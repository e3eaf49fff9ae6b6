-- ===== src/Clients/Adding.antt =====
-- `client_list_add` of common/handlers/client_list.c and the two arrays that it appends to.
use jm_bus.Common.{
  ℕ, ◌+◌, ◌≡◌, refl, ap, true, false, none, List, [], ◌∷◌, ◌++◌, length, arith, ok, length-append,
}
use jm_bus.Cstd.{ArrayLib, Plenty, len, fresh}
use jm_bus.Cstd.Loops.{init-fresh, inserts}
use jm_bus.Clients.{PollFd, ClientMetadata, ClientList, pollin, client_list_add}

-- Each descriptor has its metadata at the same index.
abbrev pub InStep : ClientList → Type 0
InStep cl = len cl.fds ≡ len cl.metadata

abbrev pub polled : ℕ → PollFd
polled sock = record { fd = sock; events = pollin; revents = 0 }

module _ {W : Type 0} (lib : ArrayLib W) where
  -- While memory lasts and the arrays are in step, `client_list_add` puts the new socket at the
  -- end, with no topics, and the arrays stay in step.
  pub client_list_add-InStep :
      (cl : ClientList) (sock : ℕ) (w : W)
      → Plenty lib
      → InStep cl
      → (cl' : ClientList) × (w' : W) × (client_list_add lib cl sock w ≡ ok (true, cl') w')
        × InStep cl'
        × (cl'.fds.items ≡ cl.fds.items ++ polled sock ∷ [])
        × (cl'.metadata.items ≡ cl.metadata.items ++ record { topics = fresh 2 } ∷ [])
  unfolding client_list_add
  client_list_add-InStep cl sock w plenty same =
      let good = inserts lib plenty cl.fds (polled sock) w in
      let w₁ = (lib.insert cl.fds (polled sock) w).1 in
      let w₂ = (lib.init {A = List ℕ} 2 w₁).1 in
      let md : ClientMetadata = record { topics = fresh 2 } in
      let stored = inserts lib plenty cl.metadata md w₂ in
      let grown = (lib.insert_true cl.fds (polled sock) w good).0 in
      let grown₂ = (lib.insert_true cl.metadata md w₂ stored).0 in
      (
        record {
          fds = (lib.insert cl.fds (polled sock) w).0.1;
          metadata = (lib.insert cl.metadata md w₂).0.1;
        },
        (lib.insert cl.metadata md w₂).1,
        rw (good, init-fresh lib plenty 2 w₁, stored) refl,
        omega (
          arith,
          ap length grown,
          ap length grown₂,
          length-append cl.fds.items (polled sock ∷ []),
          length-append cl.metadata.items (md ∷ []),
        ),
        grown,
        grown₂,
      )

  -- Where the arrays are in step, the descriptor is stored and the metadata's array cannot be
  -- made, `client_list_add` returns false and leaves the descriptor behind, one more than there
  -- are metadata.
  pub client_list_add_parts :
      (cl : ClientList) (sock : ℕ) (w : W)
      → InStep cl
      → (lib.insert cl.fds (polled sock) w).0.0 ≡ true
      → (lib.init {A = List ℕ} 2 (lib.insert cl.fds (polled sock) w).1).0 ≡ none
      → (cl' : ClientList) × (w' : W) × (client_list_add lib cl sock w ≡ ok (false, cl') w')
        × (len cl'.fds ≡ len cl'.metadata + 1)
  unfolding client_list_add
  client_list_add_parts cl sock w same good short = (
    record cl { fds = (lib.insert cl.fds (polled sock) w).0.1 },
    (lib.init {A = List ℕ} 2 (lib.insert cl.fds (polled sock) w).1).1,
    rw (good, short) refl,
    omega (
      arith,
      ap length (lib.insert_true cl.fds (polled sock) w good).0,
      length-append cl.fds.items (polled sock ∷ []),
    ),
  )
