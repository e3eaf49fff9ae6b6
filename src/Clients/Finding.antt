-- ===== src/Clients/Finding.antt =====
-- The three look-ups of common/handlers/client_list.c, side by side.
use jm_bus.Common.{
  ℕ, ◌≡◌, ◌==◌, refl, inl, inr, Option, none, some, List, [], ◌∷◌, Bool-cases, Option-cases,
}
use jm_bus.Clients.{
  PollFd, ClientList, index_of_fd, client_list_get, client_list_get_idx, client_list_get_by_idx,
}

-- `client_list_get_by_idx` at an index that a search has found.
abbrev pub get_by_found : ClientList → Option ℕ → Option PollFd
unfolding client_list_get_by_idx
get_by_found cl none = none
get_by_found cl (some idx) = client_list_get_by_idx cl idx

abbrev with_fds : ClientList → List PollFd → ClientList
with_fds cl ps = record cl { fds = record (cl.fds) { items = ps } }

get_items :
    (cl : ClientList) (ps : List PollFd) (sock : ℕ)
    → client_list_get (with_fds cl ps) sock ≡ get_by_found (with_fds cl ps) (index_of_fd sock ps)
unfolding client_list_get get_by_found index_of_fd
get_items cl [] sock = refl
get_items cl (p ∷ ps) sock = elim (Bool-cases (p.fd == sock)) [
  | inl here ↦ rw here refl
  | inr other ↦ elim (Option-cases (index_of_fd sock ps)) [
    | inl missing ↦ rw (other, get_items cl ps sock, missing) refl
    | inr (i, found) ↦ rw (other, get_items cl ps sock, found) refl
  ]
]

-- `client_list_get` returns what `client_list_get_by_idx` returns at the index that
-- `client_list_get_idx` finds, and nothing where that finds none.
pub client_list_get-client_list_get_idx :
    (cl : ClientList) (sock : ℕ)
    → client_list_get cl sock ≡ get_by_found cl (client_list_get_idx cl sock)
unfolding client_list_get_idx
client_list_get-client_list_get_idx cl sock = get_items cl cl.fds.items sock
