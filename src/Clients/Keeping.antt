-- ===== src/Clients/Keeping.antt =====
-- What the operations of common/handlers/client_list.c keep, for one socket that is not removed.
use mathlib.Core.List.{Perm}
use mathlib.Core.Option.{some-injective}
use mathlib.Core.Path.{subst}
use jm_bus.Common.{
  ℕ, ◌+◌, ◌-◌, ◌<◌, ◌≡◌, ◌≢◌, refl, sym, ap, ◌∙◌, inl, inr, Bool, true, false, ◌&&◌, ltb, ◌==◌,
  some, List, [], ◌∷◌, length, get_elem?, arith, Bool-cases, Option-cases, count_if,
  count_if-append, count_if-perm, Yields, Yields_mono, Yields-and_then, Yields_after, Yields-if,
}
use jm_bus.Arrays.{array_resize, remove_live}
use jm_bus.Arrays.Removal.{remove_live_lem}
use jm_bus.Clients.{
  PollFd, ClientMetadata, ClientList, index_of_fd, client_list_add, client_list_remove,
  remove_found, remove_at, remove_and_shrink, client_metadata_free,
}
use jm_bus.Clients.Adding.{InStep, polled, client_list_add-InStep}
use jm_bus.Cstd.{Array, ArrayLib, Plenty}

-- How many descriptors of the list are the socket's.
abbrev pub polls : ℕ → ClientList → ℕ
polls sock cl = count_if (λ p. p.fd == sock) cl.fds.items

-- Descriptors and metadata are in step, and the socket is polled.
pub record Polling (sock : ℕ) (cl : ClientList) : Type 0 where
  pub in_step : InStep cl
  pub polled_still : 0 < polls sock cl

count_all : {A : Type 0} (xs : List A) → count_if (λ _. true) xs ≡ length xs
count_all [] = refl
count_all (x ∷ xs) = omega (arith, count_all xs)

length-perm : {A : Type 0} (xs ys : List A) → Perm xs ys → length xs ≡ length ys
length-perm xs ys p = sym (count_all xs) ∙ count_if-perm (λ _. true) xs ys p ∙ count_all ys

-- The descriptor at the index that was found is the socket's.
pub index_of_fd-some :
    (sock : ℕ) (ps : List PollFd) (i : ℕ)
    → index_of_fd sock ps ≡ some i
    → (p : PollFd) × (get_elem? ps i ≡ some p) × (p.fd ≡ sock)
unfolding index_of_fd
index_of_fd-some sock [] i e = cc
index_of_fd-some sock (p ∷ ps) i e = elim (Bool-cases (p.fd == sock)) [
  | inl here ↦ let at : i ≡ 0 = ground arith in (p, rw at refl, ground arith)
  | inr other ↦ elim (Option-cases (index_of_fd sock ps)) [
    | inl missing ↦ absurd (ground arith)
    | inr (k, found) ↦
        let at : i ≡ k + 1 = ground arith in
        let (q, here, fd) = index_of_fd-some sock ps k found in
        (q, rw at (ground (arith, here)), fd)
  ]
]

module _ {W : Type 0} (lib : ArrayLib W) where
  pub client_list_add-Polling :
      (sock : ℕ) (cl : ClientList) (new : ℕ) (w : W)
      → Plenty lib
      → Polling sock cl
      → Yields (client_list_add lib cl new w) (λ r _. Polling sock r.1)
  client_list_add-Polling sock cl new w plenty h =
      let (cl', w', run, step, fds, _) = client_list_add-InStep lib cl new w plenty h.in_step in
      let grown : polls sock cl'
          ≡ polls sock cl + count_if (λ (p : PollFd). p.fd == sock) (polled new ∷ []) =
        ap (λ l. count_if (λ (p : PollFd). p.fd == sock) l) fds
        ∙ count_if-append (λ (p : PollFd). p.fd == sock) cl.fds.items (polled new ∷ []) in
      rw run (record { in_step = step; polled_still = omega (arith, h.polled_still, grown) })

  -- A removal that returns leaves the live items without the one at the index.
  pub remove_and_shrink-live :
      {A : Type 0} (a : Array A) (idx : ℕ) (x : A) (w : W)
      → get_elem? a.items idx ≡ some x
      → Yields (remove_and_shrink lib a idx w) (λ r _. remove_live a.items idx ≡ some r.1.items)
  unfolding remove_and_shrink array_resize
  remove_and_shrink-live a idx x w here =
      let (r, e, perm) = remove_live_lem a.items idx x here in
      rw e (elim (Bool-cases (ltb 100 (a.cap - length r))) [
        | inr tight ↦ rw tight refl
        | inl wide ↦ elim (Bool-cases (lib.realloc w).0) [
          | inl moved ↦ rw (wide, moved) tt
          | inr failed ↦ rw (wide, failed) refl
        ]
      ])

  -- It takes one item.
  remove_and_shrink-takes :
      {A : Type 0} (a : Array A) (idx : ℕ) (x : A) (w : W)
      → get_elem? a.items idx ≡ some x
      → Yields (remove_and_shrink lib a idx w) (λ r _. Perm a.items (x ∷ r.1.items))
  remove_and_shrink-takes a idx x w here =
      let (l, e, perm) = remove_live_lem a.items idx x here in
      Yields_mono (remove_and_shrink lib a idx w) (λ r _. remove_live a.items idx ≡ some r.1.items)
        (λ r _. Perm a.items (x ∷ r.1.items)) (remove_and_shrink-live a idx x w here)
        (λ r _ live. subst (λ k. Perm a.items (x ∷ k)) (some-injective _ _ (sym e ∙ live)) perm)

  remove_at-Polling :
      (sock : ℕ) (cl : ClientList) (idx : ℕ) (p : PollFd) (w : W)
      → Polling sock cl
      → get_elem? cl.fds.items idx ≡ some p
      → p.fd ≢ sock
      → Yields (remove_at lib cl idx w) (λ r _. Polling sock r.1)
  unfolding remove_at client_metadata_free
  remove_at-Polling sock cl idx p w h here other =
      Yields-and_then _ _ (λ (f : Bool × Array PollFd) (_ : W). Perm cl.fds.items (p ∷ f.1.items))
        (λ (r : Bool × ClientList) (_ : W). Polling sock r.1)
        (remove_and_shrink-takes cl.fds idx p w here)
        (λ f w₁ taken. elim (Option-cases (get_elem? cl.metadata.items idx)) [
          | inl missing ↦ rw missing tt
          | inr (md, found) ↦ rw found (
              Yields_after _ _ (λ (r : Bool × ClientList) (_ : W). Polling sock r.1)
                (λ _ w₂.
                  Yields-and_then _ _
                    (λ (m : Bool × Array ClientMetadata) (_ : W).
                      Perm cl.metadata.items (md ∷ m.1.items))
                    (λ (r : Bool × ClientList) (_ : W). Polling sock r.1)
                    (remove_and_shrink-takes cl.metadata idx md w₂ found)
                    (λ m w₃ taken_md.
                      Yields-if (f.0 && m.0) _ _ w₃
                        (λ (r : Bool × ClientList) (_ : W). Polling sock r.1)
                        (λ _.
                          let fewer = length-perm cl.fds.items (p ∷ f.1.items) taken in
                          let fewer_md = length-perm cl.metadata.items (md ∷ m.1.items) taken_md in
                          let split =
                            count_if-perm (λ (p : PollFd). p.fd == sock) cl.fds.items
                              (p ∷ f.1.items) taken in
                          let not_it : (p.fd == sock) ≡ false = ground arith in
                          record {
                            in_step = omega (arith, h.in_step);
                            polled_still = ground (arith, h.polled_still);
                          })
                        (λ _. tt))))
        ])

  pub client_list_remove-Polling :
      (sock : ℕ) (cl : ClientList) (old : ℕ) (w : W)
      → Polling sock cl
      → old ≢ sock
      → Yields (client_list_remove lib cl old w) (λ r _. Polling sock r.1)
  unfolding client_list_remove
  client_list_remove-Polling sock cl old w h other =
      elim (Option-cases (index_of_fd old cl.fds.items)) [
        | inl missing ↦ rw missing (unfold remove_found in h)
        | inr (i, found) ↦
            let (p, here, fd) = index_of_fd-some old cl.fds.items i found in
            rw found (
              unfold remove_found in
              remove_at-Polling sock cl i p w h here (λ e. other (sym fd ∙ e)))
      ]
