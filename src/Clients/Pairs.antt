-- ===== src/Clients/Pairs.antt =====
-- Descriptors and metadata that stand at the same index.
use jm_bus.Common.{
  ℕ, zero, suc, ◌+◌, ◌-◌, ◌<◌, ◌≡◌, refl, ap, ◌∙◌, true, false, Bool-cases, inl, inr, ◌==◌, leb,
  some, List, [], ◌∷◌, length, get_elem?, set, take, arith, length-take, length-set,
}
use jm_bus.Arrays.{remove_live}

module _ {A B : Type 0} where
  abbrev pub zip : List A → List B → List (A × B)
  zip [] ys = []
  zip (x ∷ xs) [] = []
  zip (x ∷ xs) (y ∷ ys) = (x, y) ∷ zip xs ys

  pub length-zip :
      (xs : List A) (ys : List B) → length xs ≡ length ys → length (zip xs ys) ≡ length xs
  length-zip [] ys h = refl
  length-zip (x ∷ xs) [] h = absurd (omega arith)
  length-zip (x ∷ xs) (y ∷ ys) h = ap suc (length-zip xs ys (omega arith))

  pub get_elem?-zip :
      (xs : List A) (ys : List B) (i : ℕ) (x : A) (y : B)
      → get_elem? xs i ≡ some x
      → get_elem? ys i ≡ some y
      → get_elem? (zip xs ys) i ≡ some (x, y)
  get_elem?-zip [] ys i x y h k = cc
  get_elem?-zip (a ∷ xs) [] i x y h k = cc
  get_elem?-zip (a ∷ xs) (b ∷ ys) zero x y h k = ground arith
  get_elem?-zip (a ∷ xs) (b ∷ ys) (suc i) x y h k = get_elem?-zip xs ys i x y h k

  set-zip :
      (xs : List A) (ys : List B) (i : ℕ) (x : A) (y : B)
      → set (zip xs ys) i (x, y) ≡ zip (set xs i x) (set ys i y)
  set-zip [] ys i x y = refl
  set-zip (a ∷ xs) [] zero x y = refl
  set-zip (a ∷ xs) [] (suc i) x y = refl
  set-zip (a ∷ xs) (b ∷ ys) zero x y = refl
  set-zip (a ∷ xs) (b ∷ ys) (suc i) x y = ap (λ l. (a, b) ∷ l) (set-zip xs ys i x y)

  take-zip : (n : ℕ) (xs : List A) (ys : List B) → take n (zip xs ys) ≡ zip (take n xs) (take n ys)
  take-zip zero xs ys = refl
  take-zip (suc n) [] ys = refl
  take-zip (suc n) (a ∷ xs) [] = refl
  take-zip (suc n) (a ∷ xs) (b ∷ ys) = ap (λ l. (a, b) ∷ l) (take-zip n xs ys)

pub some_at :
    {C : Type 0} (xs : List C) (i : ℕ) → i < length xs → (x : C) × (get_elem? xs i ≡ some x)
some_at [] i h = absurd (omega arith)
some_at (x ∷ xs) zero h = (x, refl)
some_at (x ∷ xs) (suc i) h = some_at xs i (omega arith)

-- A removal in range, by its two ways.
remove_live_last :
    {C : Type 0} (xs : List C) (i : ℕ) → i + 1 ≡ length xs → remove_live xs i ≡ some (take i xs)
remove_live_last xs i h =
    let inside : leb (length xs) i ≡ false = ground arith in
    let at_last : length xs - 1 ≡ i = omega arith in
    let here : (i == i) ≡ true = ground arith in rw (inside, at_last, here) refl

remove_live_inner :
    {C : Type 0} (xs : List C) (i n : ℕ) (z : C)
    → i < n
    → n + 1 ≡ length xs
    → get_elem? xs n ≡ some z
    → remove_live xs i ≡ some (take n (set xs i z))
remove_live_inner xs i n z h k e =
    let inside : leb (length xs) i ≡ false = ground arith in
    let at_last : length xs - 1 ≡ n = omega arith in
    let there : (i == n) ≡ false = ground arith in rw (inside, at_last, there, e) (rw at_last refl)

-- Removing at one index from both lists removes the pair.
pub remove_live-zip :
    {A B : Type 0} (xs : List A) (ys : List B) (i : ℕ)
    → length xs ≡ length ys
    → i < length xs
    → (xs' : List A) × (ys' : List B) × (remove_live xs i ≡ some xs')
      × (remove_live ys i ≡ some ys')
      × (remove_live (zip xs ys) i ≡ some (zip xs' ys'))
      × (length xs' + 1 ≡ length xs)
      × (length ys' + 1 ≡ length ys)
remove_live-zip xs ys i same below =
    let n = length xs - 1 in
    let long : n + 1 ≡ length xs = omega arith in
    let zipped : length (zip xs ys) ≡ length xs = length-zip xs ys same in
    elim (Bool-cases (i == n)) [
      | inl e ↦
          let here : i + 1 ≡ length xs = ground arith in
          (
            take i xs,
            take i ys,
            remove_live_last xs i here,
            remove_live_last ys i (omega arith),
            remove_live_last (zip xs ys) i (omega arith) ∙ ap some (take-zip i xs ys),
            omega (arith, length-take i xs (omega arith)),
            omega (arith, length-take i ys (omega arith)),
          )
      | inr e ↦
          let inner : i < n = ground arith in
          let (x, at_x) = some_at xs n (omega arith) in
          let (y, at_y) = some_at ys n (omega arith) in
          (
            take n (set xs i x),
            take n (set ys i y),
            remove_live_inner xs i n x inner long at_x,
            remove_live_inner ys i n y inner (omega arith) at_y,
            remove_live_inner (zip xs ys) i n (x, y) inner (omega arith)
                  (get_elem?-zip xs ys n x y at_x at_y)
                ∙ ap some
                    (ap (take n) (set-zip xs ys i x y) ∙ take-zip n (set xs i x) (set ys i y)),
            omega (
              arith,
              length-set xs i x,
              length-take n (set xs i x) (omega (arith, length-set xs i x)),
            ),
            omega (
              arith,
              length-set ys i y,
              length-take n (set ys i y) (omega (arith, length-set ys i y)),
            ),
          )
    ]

_ _ _ _ _

# TASK TO CARRY OUT
The line with "let inner : i < n = ground arith in", the last line of the data above, and every line between them should be duplicated exactly, with nothing else.

# YOUR SOLUTION
          let inner : i < n = ground arith in
          let (x, at_x) = some_at xs n (omega arith) in
          let (y, at_y) = some_at ys n (omega arith) in
          (
            take n (set xs i x),
            take n (set ys i y),
            remove_live_inner xs i n x inner long at_x,
            remove_live_inner ys i n y inner (omega arith) at_y,
            remove_live_inner (zip xs ys) i n (x, y) inner (omega arith)
                  (get_elem?-zip xs ys n x y at_x at_y)
                ∙ ap some
                    (ap (take n) (set-zip xs ys i x y) ∙ take-zip n (set xs i x) (set ys i y)),
            omega (
              arith,
              length-set xs i x,
              length-take n (set xs i x) (omega (arith, length-set xs i x)),
            ),
            omega (
              arith,
              length-set ys i y,
              length-take n (set ys i y) (omega (arith, length-set ys i y)),
            ),
          )
    ]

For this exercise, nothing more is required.